取材のことを伝えると、彼は声をワントーン明るくして喜んだ。今日は飲む気なかったんだけど開けちゃおうかな、と、本当か冗談かよくわからないことを言いながら手元のデスクに置いていたらしい缶チューハイのプルタブを起こす。背景に壁のように書籍が敷き詰められた本棚が映り込んでいる。朗らかに笑う彼の様子に喜びを感じながらも、胸の奥で渦巻く感情からも目は逸らせなかった。最近の制作はどうなっているだとかあのミュージシャンの新曲がすごかっただとかとよしなしごとを交わしつつ、サイドテーブル代わりに積み上げた雑誌の上に置いていた発泡酒は水のように減っていく。緩んでいく緊張感とともに、言葉が堰を切ったように溢れ出した。なるべく重い空気にならないよう、なるべくおどけた調子で。自分の名前も出ない記事書かされるなんて、ちょっと悔しいんだよな。おれもフーディエと同じバンドマンなのに。不公平だと思っちゃうよな、やっぱりうちのボスはおれをミュージシャンとして尊重する気はないみたいみたいだ。するとフーディエは酒を置いて、神妙な面持ちになった。気まずそうに目を逸らし、八重歯が下唇に刺さる。
「そうだよね……確かに、不公平だよね。私は普通に源くんが来てくれるの嬉しかったけど、無神経だったね、ごめん」
なるべく軽薄を装ったはずだったのに、謝罪を引き出してしまった。そんな気は全く――と言いきってしまうには罪悪感を覚えるが、想定外の出来事だったのでおれは狼狽える。そもそもフーディエは何も悪くないのだ、悪いのはライターとしてはバンドマンとしての知名度以上に無名なはずのおれが駆り出されるきっかけになった音信不通のライターと、嫌味な弊社社長だけだ。フーディエは悪くない、フーディエのライブに行けること自体はおれは純粋に嬉しいよ、特権やんな! と笑って誤魔化したが時既に遅し。生真面目な彼は首をぶんぶん振って、やっぱり私は源くんとミュージシャン同士として仕事したい、と言った。
こちらが照れ臭くなるほどの言葉に彼自身も照れたのか、直後「今回はしょうがないけど、もうあの会社の仕事受けるのやめよっかなあ。
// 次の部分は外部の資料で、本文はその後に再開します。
-- ===== src/Session/Expiry.antt =====
-- internal/session/store.go: which sessions `Maintain` deletes as expired.
use koios.Prelude.{
  ℕ, ◌-◌, ◌<◌, ◌≡◌, refl, inl, inr, Bool, true, false, not, ◌&&◌, ◌||◌, none, some, List, [], ◌∷◌,
  ◌++◌, append-nil, arith, leb, nat_eqb, if◌then◌else◌, lt→ltb, Bool-cases, Option-cases, nat_eq,
  keep, some_of, Dict, lookup, NodupKeys, lookup-delete, Text, text_eqb, text_eqb_iff, text_eq,
}
use koios.Session.Data.{Session}
use koios.Session.Store.{Store, File, Env, delete_session}
use koios.Session.Maintain.{
  SessionRecord, MaintenanceReport, delete_all, is_expired, delete_expired, session_records,
  record_of, loaded_records, file_records,
}

-- Is the peer among the given records?
abbrev pub names : Text → List SessionRecord → Bool
names p = some_of (λ r. text_eqb r.peer_id p)

delete_session-lookup :
    (p q : Text) (st : Store)
    → lookup q (delete_session true p st).0.peers
      ≡ (if text_eqb p q then none else lookup q st.peers)
unfolding delete_session
delete_session-lookup p q st = elim (Option-cases (lookup p st.peers)) [
  | inl e ↦ ground (arith, lookup-delete p q st.files, text_eqb_iff p q)
  | inr (s, e) ↦ ground (arith, lookup-delete p q st.peers)
]

pub delete_all-lookup :
    (rs : List SessionRecord) (q : Text) (st : Store)
    → lookup q (delete_all true rs st).0.peers ≡ (if names q rs then none else lookup q st.peers)
unfolding delete_all
delete_all-lookup [] q st = refl
delete_all-lookup (r ∷ rs) q st = ground (
  arith,
  delete_session-lookup r.peer_id q st,
  delete_all-lookup rs q (delete_session true r.peer_id st).0,
)

peer_id-record_of : (now : ℕ) (p : Text) (s : Session) → (record_of now p s).peer_id ≡ p
unfolding record_of
peer_id-record_of now p s = refl

names-keep-loaded_none :
    (p : SessionRecord → Bool) (now : ℕ) (q : Text) (m : Dict Text Session)
    → lookup q m ≡ none
    → names q (keep p (loaded_records now m)) ≡ false
unfolding loaded_records lookup
names-keep-loaded_none p now q [] h = refl
names-keep-loaded_none p now q ((j, s) ∷ m) h =
    ground (arith, names-keep-loaded_none p now q m, peer_id-record_of now j s)

-- The only loaded record of a peer is that of its session.
names-keep-loaded :
    (p : SessionRecord → Bool) (now : ℕ) (q : Text) (s : Session) (m : Dict Text Session)
    → NodupKeys m
    → lookup q m ≡ some s
    → names q (keep p (loaded_records now m)) ≡ p (record_of now q s)
unfolding loaded_records lookup
names-keep-loaded p now q s [] nd h = cc
names-keep-loaded p now q s ((j, t) ∷ m) nd h = elim (Bool-cases (text_eqb j q)) [
  | inl e ↦
      ground (arith, text_eqb_iff j q, names-keep-loaded_none p now q m, peer_id-record_of now j t)
  | inr e ↦ ground (arith, names-keep-loaded p now q s m, peer_id-record_of now j t)
]

names-keep-files :
    (p : SessionRecord → Bool) (q : Text) (s : Session) (peers : Dict Text Session)
    (m : Dict Text File)
    → lookup q peers ≡ some s
    → names q (keep p (file_records peers m)) ≡ false
unfolding file_records
names-keep-files p q s peers [] h = refl
names-keep-files p q s peers ((j, f) ∷ m) h = elim (Option-cases (lookup j peers)) [
  | inl e ↦ ground (arith, names-keep-files p q s peers m h, text_eqb_iff j q)
  | inr (t, e) ↦ ground (arith, names-keep-files p q s peers m h)
]

names-append :
    (q : Text) (xs ys : List SessionRecord) → names q (xs ++ ys) ≡ names q xs || names q ys
names-append q [] ys = refl
names-append q (x ∷ xs) ys = ground (arith, names-append q xs ys)

keep-append :
    (p : SessionRecord → Bool) (xs ys : List SessionRecord)
    → keep p (xs ++ ys) ≡ keep p xs ++ keep p ys
keep-append p [] ys = refl
keep-append p (x ∷ xs) ys = ground (arith, keep-append p xs ys)

names-keep-session_records :
    (p : SessionRecord → Bool) (now : ℕ) (q : Text) (s : Session) (st : Store)
    → NodupKeys st.peers
    → lookup q st.peers ≡ some s
    → names q (keep p (session_records now st)) ≡ p (record_of now q s)
unfolding session_records
names-keep-session_records p now q s st nd h =
    let loaded = loaded_records now st.peers in
    let files = file_records st.peers st.files in
    ground (
      arith,
      keep-append p loaded files,
      append-nil loaded,
      names-append q (keep p loaded) (keep p files),
      names-keep-loaded p now q s st.peers nd h,
      names-keep-files p q s st.peers st.files h,
    )

is_expired-record_of :
    (now retention : ℕ) (q : Text) (s : Session)
    → 0 < retention
    → is_expired now retention (record_of now q s)
      ≡ not (nat_eqb s.last_activity 0) && leb retention (now - s.last_activity)
unfolding is_expired record_of
is_expired-record_of now retention q s h = ground arith

-- Where a retention time is configured, files can be removed and no peer has two sessions, the step of
-- `Maintain` for expired sessions deletes a loaded session if it has been active and its last activity
-- is at least that long ago, and otherwise leaves it as it is.
pub delete_expired_exact :
    (env : Env) (report : MaintenanceReport) (q : Text) (s : Session) (st : Store)
    → env.accepted ≡ true
    → 0 < st.retention
    → NodupKeys st.peers
    → lookup q st.peers ≡ some s
    → lookup q (delete_expired env report st).0.peers ≡ (
        if not (nat_eqb s.last_activity 0) && leb st.retention (env.now - s.last_activity)
        then none
        else some s)
unfolding delete_expired
delete_expired_exact env report q s st acc h nd e =
    let records = keep (is_expired env.now st.retention) (session_records env.now st) in
    simp (acc, lt→ltb 0 st.retention h)
      (rw
        (
          delete_all-lookup records q st,
          names-keep-session_records (is_expired env.now st.retention) env.now q s st nd e,
          is_expired-record_of env.now st.retention q s h,
          e,
        )
        refl)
だってあの社長パワハラ臭しない?」と笑いながら気持ちのいいことを言い出した。こないだ事務所でインタビュー初めて受けたときライターさんと一緒にあの社長も来たんだけどさ、ライターさんのことチャン付けで呼んでんの。私あーいうタイプのオジサン苦手なんだよねえ。人気ミュージシャンの発言とは思えん歯におべべを着せない言い様に思わず笑い転げたおれは、背中を預けたビーズクッションに埋もれながら彼の目元を覆い隠す長い前髪にふと目が止まる。それは普段外で会う時と同じようにサラサラに整えられていて、もうこれから眠るだけだろうにわざわざ櫛を入れたのかと思うと、なんだか嬉しくなってしまった。おれはといえば今日は一日部屋で制作をしたり掃除をしたりして過ごしていたというのに、目付きだけでなく血色も優れない我が顔面にBBクリームを塗りたくり、この時間のためだけにいそいそと身嗜みを整えていたのだった。